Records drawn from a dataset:
-- ===== src/Mib/Node/Arrays.antt =====
-- The array operations of a group node against the linear search of its specification.
use smartsnmp.Base.{ℕ, zero, suc, ◌+◌, ◌≡◌, ◌≤◌, ◌<◌, ◌≢◌, refl, ap, arith}
use smartsnmp.Base.{List, [], ◌∷◌, none, some, ◌==◌, if◌then◌else◌, length, get_or, All}
use smartsnmp.Oid.BinarySearch.Correct.{IsAscending}
use smartsnmp.Mib.Node.{
  Node, Subs, nil, cons, sub_ids, sub_ptr, sub_id_cnt, put_sub, set_ptr, group_node_shrink,
}
use smartsnmp.Mib.Node.Spec.{find}

-- The sub-identifiers ascend, as `IsForest` has it.
abbrev pub Ascends : List ℕ → Type 0
Ascends [] = Unit {0}
Ascends (x ∷ xs) = All (λ k. x < k) xs × Ascends xs

pub All-get_or :
    (x : ℕ) (xs : List ℕ) (i : ℕ) → All (λ k. x < k) xs → i < length xs → x < get_or xs i 0
All-get_or x [] i h lt = absurd (omega arith)
All-get_or x (y ∷ ys) zero h lt = h.0
All-get_or x (y ∷ ys) (suc i) h lt = All-get_or x ys i h.1 (omega arith)

pub Ascends-IsAscending : (xs : List ℕ) → Ascends xs → IsAscending xs
Ascends-IsAscending [] h i j p q = absurd (omega arith)
Ascends-IsAscending (x ∷ xs) h zero zero p q = absurd (omega arith)
Ascends-IsAscending (x ∷ xs) h zero (suc j) p q = All-get_or x xs j h.0 (omega arith)
Ascends-IsAscending (x ∷ xs) h (suc i) zero p q = absurd (omega arith)
Ascends-IsAscending (x ∷ xs) h (suc i) (suc j) p q =
    Ascends-IsAscending xs h.1 i j (omega arith) (omega arith)

-- The child at an index is the one that the linear search for its sub-identifier finds.
pub find-sub_ptr :
    (s : Subs) (i id : ℕ)
    → Ascends (sub_ids s)
    → i < sub_id_cnt s
    → get_or (sub_ids s) i 0 ≡ id
    → (n : Node) × (sub_ptr s i ≡ some n) × (find id s ≡ some n)
unfolding sub_ids sub_ptr sub_id_cnt find
find-sub_ptr nil i id asc lt e = absurd (omega arith)
find-sub_ptr (cons k n s) zero id asc lt e = (n, refl, ground arith)
find-sub_ptr (cons k n s) (suc i) id asc lt e =
    let (m, p, q) = find-sub_ptr s i id asc.1 (omega arith) e in
    (m, p, ground (arith, All-get_or k (sub_ids s) i asc.0))

pub find-set_ptr :
    (s : Subs) (i id j : ℕ) (m : Node)
    → Ascends (sub_ids s)
    → i < sub_id_cnt s
    → get_or (sub_ids s) i 0 ≡ id
    → find j (set_ptr i m s) ≡ (if id == j then some m else find j s)
unfolding sub_ids set_ptr sub_id_cnt find
find-set_ptr nil i id j m asc lt e = absurd (omega arith)
find-set_ptr (cons k n s) zero id j m asc lt e = ground arith
find-set_ptr (cons k n s) (suc i) id j m asc lt e =
    ground (arith, find-set_ptr s i id j m asc.1, All-get_or k (sub_ids s) i asc.0)

pub sub_ids-set_ptr : (i : ℕ) (m : Node) (s : Subs) → sub_ids (set_ptr i m s) ≡ sub_ids s
unfolding sub_ids set_ptr
sub_ids-set_ptr i m nil = refl
sub_ids-set_ptr zero m (cons k n s) = refl
sub_ids-set_ptr (suc i) m (cons k n s) = ap (λ (t : List ℕ). k ∷ t) (sub_ids-set_ptr i m s)

-- A sub-identifier that differs from all of the array is not found.
pub find-missing :
    (s : Subs) (id : ℕ)
    → ((i : ℕ) → i < sub_id_cnt s → get_or (sub_ids s) i 0 ≢ id)
    → find id s ≡ none
unfolding sub_ids sub_id_cnt find
find-missing nil id h = refl
find-missing (cons k n s) id h =
    ground (arith, h 0, find-missing s id (λ i p. h (suc i) (omega arith)))

-- An insertion at the place that the binary search reports.
pub find-put_sub :
    (s : Subs) (i id j : ℕ) (m : Node)
    → i ≤ sub_id_cnt s
    → ((k : ℕ) → k < i → get_or (sub_ids s) k 0 < id)
    → find j (put_sub i id m s) ≡ (if id == j then some m else find j s)
unfolding sub_ids put_sub sub_id_cnt find
find-put_sub nil i id j m le h = ground arith
find-put_sub (cons k n s) zero id j m le h = ground arith
find-put_sub (cons k n s) (suc i) id j m le h =
    ground (arith, h 0, find-put_sub s i id j m (omega arith) (λ l p. h (suc l) (omega arith)))

All-above :
    (x : ℕ) (xs : List ℕ) → ((k : ℕ) → k < length xs → x < get_or xs k 0) → All (λ k. x < k) xs
All-above x [] h = tt
All-above x (y ∷ ys) h = (h 0 (omega arith), All-above x ys (λ k p. h (suc k) (omega arith)))

All-put_sub :
    (x : ℕ) (s : Subs) (i id : ℕ) (m : Node)
    → x < id
    → All (λ k. x < k) (sub_ids s)
    → All (λ k. x < k) (sub_ids (put_sub i id m s))
unfolding sub_ids put_sub
All-put_sub x nil i id m lt h = omega arith
All-put_sub x (cons k n s) zero id m lt h = (lt, h)
All-put_sub x (cons k n s) (suc i) id m lt h = (h.0, All-put_sub x s i id m lt h.1)

pub Ascends-put_sub :
    (s : Subs) (i id : ℕ) (m : Node)
    → Ascends (sub_ids s)
    → ((k : ℕ) → k < i → get_or (sub_ids s) k 0 < id)
    → ((k : ℕ) → i ≤ k → k < sub_id_cnt s → id < get_or (sub_ids s) k 0)
    → i ≤ sub_id_cnt s
    → Ascends (sub_ids (put_sub i id m s))
unfolding sub_ids put_sub sub_id_cnt
Ascends-put_sub nil i id m asc lo hi le = (tt, tt)
Ascends-put_sub (cons k n s) zero id m asc lo hi le =
    (All-above id (k ∷ sub_ids s) (λ l p. hi l (omega arith) p), asc)
Ascends-put_sub (cons k n s) (suc i) id m asc lo hi le = (
  All-put_sub k s i id m (lo 0 (omega arith)) asc.0,
  Ascends-put_sub s i id m asc.1 (λ l p. lo (suc l) (omega arith))
      (λ l p q. hi (suc l) (omega arith) (omega arith)) (omega arith),
)

pub sub_id_cnt-put_sub :
    (s : Subs) (i id : ℕ) (m : Node) → sub_id_cnt (put_sub i id m s) ≡ sub_id_cnt s + 1
unfolding sub_ids put_sub sub_id_cnt
sub_id_cnt-put_sub nil i id m = refl
sub_id_cnt-put_sub (cons k n s) zero id m = omega arith
sub_id_cnt-put_sub (cons k n s) (suc i) id m = omega (arith, sub_id_cnt-put_sub s i id m)

find-above : (x j : ℕ) (s : Subs) → All (λ k. x < k) (sub_ids s) → x ≡ j → find j s ≡ none
unfolding sub_ids find
find-above x j nil h e = refl
find-above x j (cons k n s) h e = ground (arith, find-above x j s h.1)

-- A removal at an index removes that sub-identifier alone.
pub find-shrink :
    (s : Subs) (i id j : ℕ)
    → Ascends (sub_ids s)
    → i < sub_id_cnt s
    → get_or (sub_ids s) i 0 ≡ id
    → find j (group_node_shrink i s) ≡ (if id == j then none else find j s)
unfolding sub_ids group_node_shrink sub_id_cnt find
find-shrink nil i id j asc lt e = absurd (omega arith)
find-shrink (cons k n nil) zero id j asc lt e = ground arith
find-shrink (cons k n nil) (suc i) id j asc lt e = absurd (omega arith)
find-shrink (cons k n (cons k' n' s)) zero id j asc lt e =
    ground (arith, find-above k j (cons k' n' s) asc.0)
find-shrink (cons k n (cons k' n' s)) (suc i) id j asc lt e =
    ground (arith, find-shrink (cons k' n' s) i id j asc.1, All-get_or k (k' ∷ sub_ids s) i asc.0)

pub All-shrink :
    (x : ℕ) (s : Subs) (i : ℕ)
    → All (λ k. x < k) (sub_ids s)
    → All (λ k. x < k) (sub_ids (group_node_shrink i s))
unfolding sub_ids group_node_shrink
All-shrink x nil i h = tt
All-shrink x (cons k n nil) i h = tt
All-shrink x (cons k n (cons k' n' s)) zero h = h.1
All-shrink x (cons k n (cons k' n' s)) (suc i) h = (h.0, All-shrink x (cons k' n' s) i h.1)

pub sub_id_cnt-shrink :
    (s : Subs) (i : ℕ) → 1 ≤ sub_id_cnt s → sub_id_cnt (group_node_shrink i s) + 1 ≡ sub_id_cnt s
unfolding sub_ids group_node_shrink sub_id_cnt
sub_id_cnt-shrink nil i h = absurd (omega arith)
sub_id_cnt-shrink (cons k n nil) i h = omega arith
sub_id_cnt-shrink (cons k n (cons k' n' s)) zero h = omega arith
sub_id_cnt-shrink (cons k n (cons k' n' s)) (suc i) h =
    omega (arith, sub_id_cnt-shrink (cons k' n' s) i (omega arith))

▶ **How to complete this task**:
Of the lines above, output exactly those from the line bearing "sub_ids-set_ptr zero m (cons k n s) = refl" through the line bearing "unfolding sub_ids sub_id_cnt find", inclusive.

▶ **Response to this task**:
sub_ids-set_ptr zero m (cons k n s) = refl
sub_ids-set_ptr (suc i) m (cons k n s) = ap (λ (t : List ℕ). k ∷ t) (sub_ids-set_ptr i m s)

-- A sub-identifier that differs from all of the array is not found.
pub find-missing :
    (s : Subs) (id : ℕ)
    → ((i : ℕ) → i < sub_id_cnt s → get_or (sub_ids s) i 0 ≢ id)
    → find id s ≡ none
unfolding sub_ids sub_id_cnt find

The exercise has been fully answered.